Rebooting Network Devices with Ansible

With the Red Hat Ansible Automation Platform release in November, we released over 50 network resource modules to help make automating network devices easier and more turn-key for network engineers. In addition to the new resource modules, Andrius also discussed fact gathering enhancements in his blog post, which means with every new resource module, users gain increased fact coverage for network devices. For this blog post I want to cover another cool enhancement that may have gone unnoticed. This is the ability for network devices to make use of the wait_for_connection module. If you are a network engineer that has operational Ansible Playbooks that need to reboot devices or take them offline, this module will help you make more programmatic playbooks to handle disconnects. By leveraging wait_for_connection network automation playbooks can look and behave more like playbooks for Linux or Windows hosts.

Comparing wait_for and wait_for_connection

There are two great modules that can wait for a condition to be met, wait_for and the wait_for_connection. I highly recommend against using the pause module if you can get away with it, and I equate it to using a programming equivalent of a sleep within an Ansible Playbook. Using either of these two wait_for modules is superior to random pauses within your Ansible Playbook because they are a more programmatic solution that is more adaptable to devices taking different amounts of time to complete a task. The other problem with the pause module is that using prompts does not work within Ansible Tower. A much better solution for human interaction would be to use an Ansible Tower workflow with an approval node.

The wait_for module can wait until a path on a filesystem exists, or until a port is active again. This works great for most reboot use cases, except for when a system is not able to be logged into immediately after the port is up. The wait_for_connection extends the functionality of the wait_for use case a bit further. The wait_for_connection module will make sure that Ansible can log back into the device and receive the appropriate prompts before finishing completing the task. For Linux and Windows hosts it will use the ping or win_ping module, for network devices it will make sure the connection plugin that was last used can fully connect to the device. At the time of this blog post this only works with the network_cli connection plugin. This means that subsequent tasks can begin operating as intended as soon as wait_for_connection completes versus where wait_for just knows that port is open.

Dealing with prompts

With networking devices when we perform operational tasks such as a reboot, there is often a prompt to confirm that you want to take an action.

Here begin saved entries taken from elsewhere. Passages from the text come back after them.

-- ===== src/AoqLog/Tests.antt =====
-- A buffer of eight bytes, and a request in one chunk.
use aoq.Prelude.{ℕ, ◌≡◌, refl, inl, true, some, none, List, [], ◌∷◌, ◌++◌, arith}
use aoq.Prelude.Int.{pos, negsuc}
use aoq.Heap.{null, ok, Returns, read}
use aoq.Heap.Chain.{node, Cells}
use aoq.MemPool.{Chunk, Mem}
use aoq.MemPool.Slab.{IsSlab}
use aoq.AoqLog.{AoqLog, write_aoq_log, save_aoq_log}
use aoq.AoqLog.Buffer.{IsLog, write_aoq_log-IsLog, save_aoq_log-IsLog}

abbrev text : List ℕ
text = b'a' ∷ b'\n' ∷ []

abbrev buffer : AoqLog
buffer = record { log = b'a' ∷ b'\n' ∷ 0 ∷ 0 ∷ 0 ∷ 0 ∷ 0 ∷ 0 ∷ []; len = 2; size = 8 }

buffer-IsLog : IsLog buffer text
buffer-IsLog = record { left = 5; bytes = refl; size = refl; len = refl; no_nul = omega arith }

abbrev mem : Mem
mem = record {
  chunks = (3, some (node (b'b' ∷ b'\n' ∷ 0 ∷ []) null)) ∷ [];
  slabs = (1, some (record { head_next = 3; tail_next = 3 })) ∷ [];
  mp = record { head_next = null; tail_next = null; total = 0; size = 0; cksize = 3 };
  chunk_used_num = pos 1;
}

abbrev chunks : Cells Chunk
chunks = (3, b'b' ∷ b'\n' ∷ 0 ∷ []) ∷ []

mem-IsSlab : IsSlab mem 1 chunks
unfolding read
mem-IsSlab = record { ne_null = omega arith; holds = refl; chain = (omega arith, refl, refl, tt) }

abbrev no_bytes : ℕ → List ℕ
no_bytes n = []

write_aoq_log-IsLog_example :
    Returns
      (write_aoq_log no_bytes 5 1 mem buffer)
      λ l'. IsLog l' (text ++ (b'b' ∷ b'\n' ∷ [])) × (l'.size ≡ 8)
write_aoq_log-IsLog_example =
    write_aoq_log-IsLog no_bytes 5 1 mem chunks buffer text (b'b' ∷ b'\n' ∷ []) buffer-IsLog
      mem-IsSlab (b'b' ∷ b'\n' ∷ [], [], [], refl, omega arith, refl, refl) (omega arith)
      (omega arith)

save_aoq_log-IsLog_example :
    (Returns (save_aoq_log true none buffer) λ r. (r.0 ≡ pos 1) × (r.1 ≡ text) × IsLog r.2 [])
    × ((written : List ℕ)
        → save_aoq_log true (some written) buffer ≡ ok (negsuc 1, written, buffer))
save_aoq_log-IsLog_example =
    save_aoq_log-IsLog true buffer text buffer-IsLog (omega arith) (inl refl)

For example on a Juniper vSRX device:

admin@rtr3> request system reboot
Reboot the system ? [yes,no] (no)

The user has to confirm the reload to be able to proceed. Something I neglected to cover on my deep dive with cli_command blog was that cli_command module can handle prompts. The cli_command module can even handle multiple prompts! For this example the Cisco router had not saved its config, and we are performing a reload. First the Cisco router will alert me that the System configuration has been modified, and ask me if I want to save this before I lose my running-configuration:

rtr1#reload

System configuration has been modified. Save? [yes/no]:

After confirming yes or no, you will receive a second prompt:

Proceed with reload? [confirm]

We need to build a task that can handle both prompts using the cli_command module:

---
- name: reboot ios device
  cli_command:
    command: reload
    prompt:
      - Save?
      - confirm
    answer:
     - y
     - y

The above task will answer yes to both prompts, saving the config and reloading the device. The list for prompt answer and the list for answer must match and be in the same order. This means that the answer for prompt[0] must be answer[0].

If you want to see a more detailed example of handling multiple prompts, here is an example of a password reset on a Juniper vSRX device.

Using reset_connection in combination

Now that you understand how to reboot the device with cli_command we can combine that with the wait_for_connection to create a reusable Ansible Playbook. However, we need to add one more task, a meta: reset_connection to make this work programmatically.

We need to make sure the current connection to the network device is closed so that the socket can be reestablished to the network device after the reboot takes place. If the connection is not closed and the command timeout is longer than the time it takes to reboot, the persistent connection will attempt to reuse the closed SSH connection resulting in the failure "Socket is closed". A correct Ansible Playbook looks like this:

- reboot task (this is a snippet, full task removed for brevity)

- name: reset the connection
  meta: reset_connection

- name: Wait for the network device to reload
  wait_for_connection:
    delay: 10

Now we have an Ansible Playbook that can reconnect to network devices after a reboot is issued! For a full example please refer to this reboot.yml Ansible Playbook for Arista vEOS network devices.

Where to go next?

This blog helped outline how to create reusable Ansible Playbooks for rebooting network devices. One of the next steps is obviously building out an Ansible Role that can reboot multiple network platforms. I have gone ahead and created one and uploaded it to Github here. This role will work on Juniper Junos, Cisco IOS and Arista EOS devices and can be easily modified to handle many more network operating systems.